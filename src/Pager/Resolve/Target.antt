-- ===== src/Pager/Resolve/Target.antt =====
-- `resolve` of pager.rs: which page a fault brings in, by the states of the page of its address and
-- of the next one.
use Prim.Native.Nat.{bit_and}
use web_tos.Prelude.{
  ℕ, ◌+◌, ◌≡◌, ◌⊎◌, refl, ap, sym, ◌∙◌, List, [], ◌∷◌, Bool, true, false, not, ◌&&◌, ◌||◌, ◌==◌,
  if◌then◌else◌, Bool-cases, Option, none, some, inl, inr, arith,
}
use web_tos.Pager.{Pager, AccessKind, reading, writing, executing, is_resident}
use web_tos.Pager.Mapping.{FileMapping, page_size}
use web_tos.Pager.Resolve.{PermBits, touching, last_grants, required, next_page, target}
use web_tos.Pager.Resolve.Request.{last_perm}
use web_tos.Pager.Resolve.Answer.{on_page, touching_lem}

-- Whether a page in this state lets itself be accessed; a page of no mapping does not.
abbrev pub grants : PermBits → AccessKind → Option (Bool × ℕ) → Bool
grants bits access none = false
grants bits reading (some (warm, perm)) = not (bit_and perm bits.read == 0)
grants bits writing (some (warm, perm)) = not (bit_and perm bits.write == 0)
grants bits executing (some (warm, perm)) = not (bit_and perm bits.exec == 0)

abbrev pub is_cold : Option (Bool × ℕ) → Bool
is_cold none = false
is_cold (some (warm, perm)) = not warm

-- The page to bring in for an access, by the states of its own page and of the next one: its own
-- page, if that is mapped and not resident; else the next one, if that is mapped and not resident
-- and both pages grant the access; else none.
abbrev pub wanted_page :
    PermBits → AccessKind → ℕ → Option (Bool × ℕ) → Option (Bool × ℕ) → Option ℕ
wanted_page bits access page none next = none
wanted_page bits access page (some (false, perm)) next = some page
wanted_page bits access page (some (true, perm)) next =
    if grants bits access (some (true, perm)) && (grants bits access next && is_cold next)
    then some (page + page_size)
    else none

abbrev with_warmth : Bool → List FileMapping → Option (Bool × ℕ)
with_warmth warm [] = none
with_warmth warm (m ∷ rest) = some (warm, last_perm rest m.final_perm)

-- The state of a page of a space with these mappings: whether it is resident, and the permission of
-- the last mapping that has it.
abbrev pub state_of : Pager → ℕ → List FileMapping → ℕ → Option (Bool × ℕ)
state_of p asid mappings page =
    with_warmth (is_resident p.resident asid page) (on_page mappings page)

last_grants-last_perm :
    (m : FileMapping) (rest : List FileMapping) (r : ℕ)
    → last_grants (m ∷ rest) r ≡ not (bit_and (last_perm rest m.final_perm) r == 0)
unfolding last_grants last_perm
last_grants-last_perm m [] r = refl
last_grants-last_perm m (n ∷ rest) r = last_grants-last_perm n rest r

grants-required :
    (bits : PermBits) (access : AccessKind) (warm : Bool) (perm : ℕ)
    → grants bits access (some (warm, perm)) ≡ not (bit_and perm (required bits access) == 0)
grants-required bits reading warm perm = refl
grants-required bits writing warm perm = refl
grants-required bits executing warm perm = refl

state_of-touching :
    (p : Pager) (mappings : List FileMapping) (asid page : ℕ) (found : List FileMapping)
    → touching mappings page ≡ found
    → state_of p asid mappings page ≡ with_warmth (is_resident p.resident asid page) found
state_of-touching p mappings asid page found here =
    ap (with_warmth (is_resident p.resident asid page)) (sym (touching_lem mappings page) ∙ here)

-- Whether the mappings of a page grant the access.
last_grants-grants :
    (bits : PermBits) (access : AccessKind) (m : FileMapping) (rest : List FileMapping)
    (warm : Bool)
    → last_grants (m ∷ rest) (required bits access)
      ≡ grants bits access (some (warm, last_perm rest m.final_perm))
last_grants-grants bits access m rest warm =
    last_grants-last_perm m rest (required bits access)
    ∙ sym (grants-required bits access warm (last_perm rest m.final_perm))

-- What is true of the page that `target` chooses.
pub record Chosen (bits : PermBits) (p : Pager) (mappings : List FileMapping) (asid page0 page : ℕ)
    (access : AccessKind) (chosen : List FileMapping) : Type 0 where
  pub touches : chosen ≡ touching mappings page
  pub near : (page ≡ page0) ⊎ (page ≡ page0 + page_size)
  pub cold : is_resident p.resident asid page ≡ false
  pub first : FileMapping
  pub others : List FileMapping
  pub nonempty : touching mappings page ≡ first ∷ others
  pub wanted :
      wanted_page bits access page0
        (state_of p asid mappings page0)
        (state_of p asid mappings (page0 + page_size))
      ≡ some page

mapping_cases :
    (xs : List FileMapping)
    → (xs ≡ []) ⊎ ((m : FileMapping) × (rest : List FileMapping) × (xs ≡ m ∷ rest))
mapping_cases [] = inl refl
mapping_cases (m ∷ xs) = inr (m, xs, refl)

last_grants-nil : (xs : List FileMapping) (r : ℕ) → xs ≡ [] → last_grants xs r ≡ false
unfolding last_grants
last_grants-nil xs r e = rw e refl

-- What `target` answers, against `wanted_page`.
abbrev pub Targeted :
    PermBits
    → Pager
    → List FileMapping
    → ℕ
    → ℕ
    → AccessKind
    → Option (ℕ × List FileMapping)
    → Type 0
Targeted bits p mappings asid page0 access o =
    (wanted_page bits access page0 (state_of p asid mappings page0)
          (state_of p asid mappings (page0 + page_size))
        ≡ none)
      × (o ≡ none)
    ⊎ ((page : ℕ) × (chosen : List FileMapping) × (o ≡ some (page, chosen))
        × Chosen bits p mappings asid page0 page access chosen)

pub target_lem :
    (bits : PermBits) (p : Pager) (mappings : List FileMapping) (asid page0 : ℕ)
    (access : AccessKind)
    → next_page page0 ≡ page0 + page_size
    → Targeted bits p mappings asid page0 access (target bits p mappings asid page0 access)
unfolding target
target_lem bits p mappings asid page0 access room =
    let next = page0 + page_size in
    let r = required bits access in
    elim (mapping_cases (touching mappings page0)) [
      | inl bare ↦
          let state = state_of-touching p mappings asid page0 [] bare in
          inl (rw state refl, rw (target, bare) refl)
      | inr (m, rest, here) ↦
          let state = state_of-touching p mappings asid page0 (m ∷ rest) here in
          let asks = last_grants-grants bits access m rest true in
          elim (Bool-cases (is_resident p.resident asid page0)) [
            | inr cold ↦ inr (
              page0,
              m ∷ rest,
              rw (target, here, cold) refl,
              record {
                touches = sym here;
                near = inl refl;
                cold = cold;
                first = m;
                others = rest;
                nonempty = here;
                wanted = rw (state, cold) refl;
              },
            )
            | inl warm ↦ elim (Bool-cases (last_grants (m ∷ rest) r)) [
              | inr denied ↦
                  let closed = sym asks ∙ denied in
                  inl (rw (state, warm, closed) refl, rw (target, here, warm, denied) refl)
              | inl granted ↦
                  let opens = sym asks ∙ granted in
                  elim (mapping_cases (touching mappings next)) [
                    | inl bare ↦
                        let off = last_grants-nil (touching mappings next) r bare in
                        let after = state_of-touching p mappings asid next [] bare in
                        inl (
                          rw (state, warm, opens, after) refl,
                          rw (target, here, warm, granted, room, off) refl,
                        )
                    | inr (n, others, there) ↦
                        let after = state_of-touching p mappings asid next (n ∷ others) there in
                        let same =
                          ap (λ l. last_grants l r) there
                          ∙ last_grants-grants bits access n others
                              (is_resident p.resident asid next) in
                        elim (Bool-cases (
                          not (last_grants (touching mappings next) r)
                          || is_resident p.resident asid next)) [
                            | inl no_use ↦
                                let unused : (grants bits access (
                                        some (
                                          is_resident p.resident asid next,
                                          last_perm others n.final_perm,
                                        ))
                                      && not (is_resident p.resident asid next))
                                    ≡ false =
                                  ground (arith, no_use, same) in
                                inl (
                                  rw (state, warm, opens, after, unused) refl,
                                  rw (target, here, warm, granted, room, no_use) refl,
                                )
                            | inr useful ↦
                                let used : (grants bits access (
                                        some (
                                          is_resident p.resident asid next,
                                          last_perm others n.final_perm,
                                        ))
                                      && not (is_resident p.resident asid next))
                                    ≡ true =
                                  ground (arith, useful, same) in
                                inr (
                                  next,
                                  touching mappings next,
                                  rw (target, here, warm, granted, room, useful) refl,
                                  record {
                                    touches = refl;
                                    near = inr refl;
                                    cold = ground (arith, useful);
                                    first = n;
                                    others = others;
                                    nonempty = there;
                                    wanted = rw (state, warm, opens, after, used) refl;
                                  },
                                )
                          ]
                  ]
            ]
          ]
    ]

▶ About this exercise:
Pull every line containing "antt" from the material above.

▶ Reply to the exercise:
filename src/Pager/Resolve/Target.antt
-- ===== src/Pager/Resolve/Target.antt =====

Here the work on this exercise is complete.